▸ Work item
Reproduce exactly the lines below from the one containing "main n inter_created" through the one containing "inter_transmitter_start gpio tty", including both, and nothing else.

▸ Exercise data

********************

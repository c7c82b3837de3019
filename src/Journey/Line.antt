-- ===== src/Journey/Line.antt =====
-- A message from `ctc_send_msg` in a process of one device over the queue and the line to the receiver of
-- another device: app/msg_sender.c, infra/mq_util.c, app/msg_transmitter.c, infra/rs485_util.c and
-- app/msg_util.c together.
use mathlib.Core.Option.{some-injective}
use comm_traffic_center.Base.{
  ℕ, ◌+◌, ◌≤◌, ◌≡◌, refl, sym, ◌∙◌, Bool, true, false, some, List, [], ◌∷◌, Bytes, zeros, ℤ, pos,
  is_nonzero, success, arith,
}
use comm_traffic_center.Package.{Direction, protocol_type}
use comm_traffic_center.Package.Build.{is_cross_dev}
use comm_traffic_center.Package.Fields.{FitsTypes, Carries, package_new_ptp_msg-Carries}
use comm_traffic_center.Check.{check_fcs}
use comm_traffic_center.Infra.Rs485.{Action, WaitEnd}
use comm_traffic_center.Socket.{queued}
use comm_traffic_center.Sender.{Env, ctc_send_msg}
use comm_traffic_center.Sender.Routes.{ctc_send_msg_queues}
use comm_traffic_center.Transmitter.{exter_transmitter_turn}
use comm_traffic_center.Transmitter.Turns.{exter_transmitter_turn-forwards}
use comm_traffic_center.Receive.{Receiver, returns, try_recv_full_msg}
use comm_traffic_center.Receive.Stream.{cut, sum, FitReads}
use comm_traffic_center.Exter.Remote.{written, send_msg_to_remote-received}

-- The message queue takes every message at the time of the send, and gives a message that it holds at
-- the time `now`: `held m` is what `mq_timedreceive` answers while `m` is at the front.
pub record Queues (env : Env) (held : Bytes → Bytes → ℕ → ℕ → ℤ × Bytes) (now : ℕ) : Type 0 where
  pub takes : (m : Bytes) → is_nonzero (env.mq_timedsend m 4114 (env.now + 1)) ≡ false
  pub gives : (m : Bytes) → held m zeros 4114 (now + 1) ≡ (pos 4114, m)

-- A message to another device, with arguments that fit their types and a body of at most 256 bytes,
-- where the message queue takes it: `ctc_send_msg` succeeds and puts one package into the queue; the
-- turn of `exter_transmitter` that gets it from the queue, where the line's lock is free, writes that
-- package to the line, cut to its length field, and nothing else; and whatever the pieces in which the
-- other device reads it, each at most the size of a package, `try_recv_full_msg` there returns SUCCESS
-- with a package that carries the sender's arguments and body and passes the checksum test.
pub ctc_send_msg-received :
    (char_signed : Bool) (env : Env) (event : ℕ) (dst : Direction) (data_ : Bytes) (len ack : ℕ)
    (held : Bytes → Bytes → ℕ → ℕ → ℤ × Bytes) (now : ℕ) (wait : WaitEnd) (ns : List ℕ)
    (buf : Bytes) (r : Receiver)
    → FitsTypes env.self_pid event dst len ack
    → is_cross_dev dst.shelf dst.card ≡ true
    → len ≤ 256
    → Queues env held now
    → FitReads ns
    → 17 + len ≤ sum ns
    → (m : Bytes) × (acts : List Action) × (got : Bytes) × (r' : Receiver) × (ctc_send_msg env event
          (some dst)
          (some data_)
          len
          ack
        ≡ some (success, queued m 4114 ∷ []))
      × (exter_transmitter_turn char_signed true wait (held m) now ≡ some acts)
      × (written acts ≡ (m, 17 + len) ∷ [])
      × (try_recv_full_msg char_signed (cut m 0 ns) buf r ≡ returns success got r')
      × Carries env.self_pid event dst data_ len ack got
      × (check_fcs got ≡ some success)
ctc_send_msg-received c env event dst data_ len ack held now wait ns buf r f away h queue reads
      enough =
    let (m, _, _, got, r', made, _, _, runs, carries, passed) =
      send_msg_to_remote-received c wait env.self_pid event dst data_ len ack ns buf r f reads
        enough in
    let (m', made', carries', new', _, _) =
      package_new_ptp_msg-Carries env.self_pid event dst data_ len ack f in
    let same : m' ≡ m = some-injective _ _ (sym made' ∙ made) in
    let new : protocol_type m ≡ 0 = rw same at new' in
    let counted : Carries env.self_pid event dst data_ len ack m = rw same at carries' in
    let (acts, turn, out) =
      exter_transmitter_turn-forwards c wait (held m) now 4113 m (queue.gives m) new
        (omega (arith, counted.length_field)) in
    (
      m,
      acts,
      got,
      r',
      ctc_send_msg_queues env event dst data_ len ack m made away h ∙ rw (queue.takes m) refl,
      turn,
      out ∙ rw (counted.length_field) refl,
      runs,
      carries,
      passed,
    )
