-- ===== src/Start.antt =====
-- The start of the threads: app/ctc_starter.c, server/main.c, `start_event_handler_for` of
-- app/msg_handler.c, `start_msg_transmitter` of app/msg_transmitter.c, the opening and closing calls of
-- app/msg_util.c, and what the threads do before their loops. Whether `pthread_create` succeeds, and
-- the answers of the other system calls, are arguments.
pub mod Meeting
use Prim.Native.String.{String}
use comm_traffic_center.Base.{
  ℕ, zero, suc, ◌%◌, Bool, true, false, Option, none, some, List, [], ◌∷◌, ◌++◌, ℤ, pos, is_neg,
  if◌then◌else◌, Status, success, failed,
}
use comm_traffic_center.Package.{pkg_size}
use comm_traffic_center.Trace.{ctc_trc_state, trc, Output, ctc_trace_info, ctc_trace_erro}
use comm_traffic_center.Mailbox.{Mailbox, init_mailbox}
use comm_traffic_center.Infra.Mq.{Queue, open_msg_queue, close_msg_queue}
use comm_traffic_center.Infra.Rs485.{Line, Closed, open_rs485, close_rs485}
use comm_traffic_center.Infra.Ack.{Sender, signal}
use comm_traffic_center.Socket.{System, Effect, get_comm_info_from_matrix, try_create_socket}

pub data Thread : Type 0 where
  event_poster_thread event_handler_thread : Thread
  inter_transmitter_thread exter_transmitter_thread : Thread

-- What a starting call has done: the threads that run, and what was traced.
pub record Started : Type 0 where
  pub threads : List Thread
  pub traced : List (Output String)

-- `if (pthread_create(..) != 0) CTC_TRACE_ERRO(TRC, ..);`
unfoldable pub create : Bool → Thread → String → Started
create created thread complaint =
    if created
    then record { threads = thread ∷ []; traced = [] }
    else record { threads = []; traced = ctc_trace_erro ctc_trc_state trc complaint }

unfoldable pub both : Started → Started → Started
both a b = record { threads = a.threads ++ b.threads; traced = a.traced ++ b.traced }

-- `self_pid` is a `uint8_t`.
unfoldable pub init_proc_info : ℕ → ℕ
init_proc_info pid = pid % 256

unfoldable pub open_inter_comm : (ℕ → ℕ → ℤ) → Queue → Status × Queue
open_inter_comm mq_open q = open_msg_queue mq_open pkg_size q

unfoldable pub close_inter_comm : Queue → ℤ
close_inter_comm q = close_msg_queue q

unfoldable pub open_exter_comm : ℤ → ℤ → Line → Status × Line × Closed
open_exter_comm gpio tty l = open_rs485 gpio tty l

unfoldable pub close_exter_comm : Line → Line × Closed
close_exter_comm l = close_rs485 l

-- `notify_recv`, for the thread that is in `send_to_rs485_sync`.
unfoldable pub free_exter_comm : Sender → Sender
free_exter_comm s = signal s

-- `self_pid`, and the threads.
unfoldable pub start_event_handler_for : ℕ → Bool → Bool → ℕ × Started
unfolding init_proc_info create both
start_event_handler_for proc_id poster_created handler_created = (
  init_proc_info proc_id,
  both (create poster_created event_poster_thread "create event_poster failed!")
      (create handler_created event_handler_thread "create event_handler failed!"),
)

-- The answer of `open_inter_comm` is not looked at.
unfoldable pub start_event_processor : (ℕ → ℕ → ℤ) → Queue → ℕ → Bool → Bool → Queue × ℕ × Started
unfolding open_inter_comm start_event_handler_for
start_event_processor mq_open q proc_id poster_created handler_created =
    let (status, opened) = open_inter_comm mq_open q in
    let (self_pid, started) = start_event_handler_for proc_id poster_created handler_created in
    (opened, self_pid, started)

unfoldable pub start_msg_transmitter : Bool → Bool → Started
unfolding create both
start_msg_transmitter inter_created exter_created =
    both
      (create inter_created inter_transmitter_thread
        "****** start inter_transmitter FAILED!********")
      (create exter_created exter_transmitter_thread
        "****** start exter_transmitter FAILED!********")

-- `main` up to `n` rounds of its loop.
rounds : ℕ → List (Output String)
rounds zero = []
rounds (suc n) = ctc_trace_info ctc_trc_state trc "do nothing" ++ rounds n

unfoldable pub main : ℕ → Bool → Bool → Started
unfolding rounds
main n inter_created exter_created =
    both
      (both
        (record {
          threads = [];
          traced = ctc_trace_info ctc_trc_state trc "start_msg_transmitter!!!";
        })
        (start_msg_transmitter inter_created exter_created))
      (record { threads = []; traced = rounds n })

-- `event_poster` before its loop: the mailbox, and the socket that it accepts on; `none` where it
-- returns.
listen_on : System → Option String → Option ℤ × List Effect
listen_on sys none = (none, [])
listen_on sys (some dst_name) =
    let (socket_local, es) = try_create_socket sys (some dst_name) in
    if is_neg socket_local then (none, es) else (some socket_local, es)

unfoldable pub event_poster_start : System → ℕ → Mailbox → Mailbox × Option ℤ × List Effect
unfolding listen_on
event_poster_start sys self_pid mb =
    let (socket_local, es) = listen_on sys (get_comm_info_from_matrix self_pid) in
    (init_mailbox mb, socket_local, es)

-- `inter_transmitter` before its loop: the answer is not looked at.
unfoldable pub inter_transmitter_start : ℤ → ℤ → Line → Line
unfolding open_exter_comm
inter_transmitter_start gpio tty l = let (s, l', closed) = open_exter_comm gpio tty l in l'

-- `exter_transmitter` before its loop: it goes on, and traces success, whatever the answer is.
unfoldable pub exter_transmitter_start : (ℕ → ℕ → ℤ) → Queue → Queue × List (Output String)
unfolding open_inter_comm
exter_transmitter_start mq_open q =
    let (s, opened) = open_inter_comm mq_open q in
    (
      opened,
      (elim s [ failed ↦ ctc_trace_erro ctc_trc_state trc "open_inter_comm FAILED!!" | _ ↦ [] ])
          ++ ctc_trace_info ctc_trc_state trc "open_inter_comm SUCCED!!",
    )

********************

▸ Written solution
main n inter_created exter_created =
    both
      (both
        (record {
          threads = [];
          traced = ctc_trace_info ctc_trc_state trc "start_msg_transmitter!!!";
        })
        (start_msg_transmitter inter_created exter_created))
      (record { threads = []; traced = rounds n })

-- `event_poster` before its loop: the mailbox, and the socket that it accepts on; `none` where it
-- returns.
listen_on : System → Option String → Option ℤ × List Effect
listen_on sys none = (none, [])
listen_on sys (some dst_name) =
    let (socket_local, es) = try_create_socket sys (some dst_name) in
    if is_neg socket_local then (none, es) else (some socket_local, es)

unfoldable pub event_poster_start : System → ℕ → Mailbox → Mailbox × Option ℤ × List Effect
unfolding listen_on
event_poster_start sys self_pid mb =
    let (socket_local, es) = listen_on sys (get_comm_info_from_matrix self_pid) in
    (init_mailbox mb, socket_local, es)

-- `inter_transmitter` before its loop: the answer is not looked at.
unfoldable pub inter_transmitter_start : ℤ → ℤ → Line → Line
unfolding open_exter_comm
inter_transmitter_start gpio tty l = let (s, l', closed) = open_exter_comm gpio tty l in l'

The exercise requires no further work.